* **Work item**
Using the records that follow, work out the number of lines with the word "Effects" in them; reply with that number only.

* **Data to examine**
-- ===== src/Actions/Restore/Occupied.antt =====
-- A restore whose original path is occupied.
use workspace_janitor.Prelude.{refl, ◌≡◌, ◌∙◌, Bool, true, false, str_eq, not, ◌&&◌, if◌then◌else◌}
use workspace_janitor.Core.Cleanup
use workspace_janitor.Core.Cleanup.{CleanupItem, CleanupState}
use workspace_janitor.Actions.{System, Engine, Machine, Outcome}
use workspace_janitor.Actions.Paths.{is_missing}
use workspace_janitor.Actions.Paths.Absence.{absent_fails}
use workspace_janitor.Actions.Journal.Effects.{Quiet}
use workspace_janitor.Actions.Move.{unless}
use workspace_janitor.Actions.Reconcile.Effects.{reconcile-Quiet}
use workspace_janitor.Actions.Restore.{
  restore, restore_object, restore_recoverable, restore_state, wrap_option,
}
use workspace_janitor.Actions.Restore.Effects.{prepared-Quiet, found-Quiet}

-- `if b { ... } else { ... }`
if_files :
    {F : Type 0} (b : Bool) (fs : F) (o o' : Outcome F)
    → o.machine.files ≡ fs
    → o'.machine.files ≡ fs
    → (if b then o else o').machine.files ≡ fs
if_files true fs o o' h h' = h
if_files false fs o o' h h' = h'

module _ {F : Type 0} (sys : System F) (eng : Engine) where
  object_occupied :
      (item : CleanupItem) (before : CleanupState) (m : Machine F)
      → is_missing (sys.lstat m.files item.source) ≡ false
      → (restore_object sys eng item before m).machine.files ≡ m.files
  unfolding restore_object wrap_option unless
  object_occupied item before m h = let (e, k) = absent_fails sys m.files item.source h in rw k refl

  recoverable_occupied :
      (item : CleanupItem) (m : Machine F)
      → is_missing (sys.lstat m.files item.source) ≡ false
      → (restore_recoverable sys eng item m).machine.files ≡ m.files
  unfolding restore_recoverable
  recoverable_occupied item m h =
      if_files _ m.files _ _ (found-Quiet sys eng item m).files
        (object_occupied item item.state m h)

  state_occupied :
      (item : CleanupItem) (m : Machine F)
      → is_missing (sys.lstat m.files item.source) ≡ false
      → (restore_state sys eng item m).machine.files ≡ m.files
  unfolding restore_state
  state_occupied item m h = if_files (str_eq item.state Cleanup.restored) m.files _ _ refl (
      if_files (str_eq item.state Cleanup.prepared) m.files _ _
        (prepared-Quiet sys eng item m).files
        (if_files
          (not (str_eq item.state Cleanup.quarantined)
            && not (str_eq item.state Cleanup.investigate))
          m.files _ _ refl (recoverable_occupied item m h)))

  after_occupied :
      (item : CleanupItem) (m : Machine F) (o : Outcome F)
      → Quiet sys item m o
      → is_missing (sys.lstat m.files item.source) ≡ false
      → (restore_state sys eng o.item o.machine).machine.files ≡ m.files
  after_occupied item m o q h = state_occupied o.item o.machine (rw (q.files, q.source) h) ∙ q.files

  -- For every item and machine, a restore leaves the files as they were when reading the item's
  -- original path answers anything but that nothing exists there.
  pub restore-occupied :
      (item : CleanupItem) (m : Machine F)
      → is_missing (sys.lstat m.files item.source) ≡ false
      → (restore sys eng item m).machine.files ≡ m.files
  unfolding restore
  restore-occupied item m h =
      let q = reconcile-Quiet sys eng item m in
      if_files _ m.files _ _ q.files (after_occupied item m _ q h)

* **Written response**
3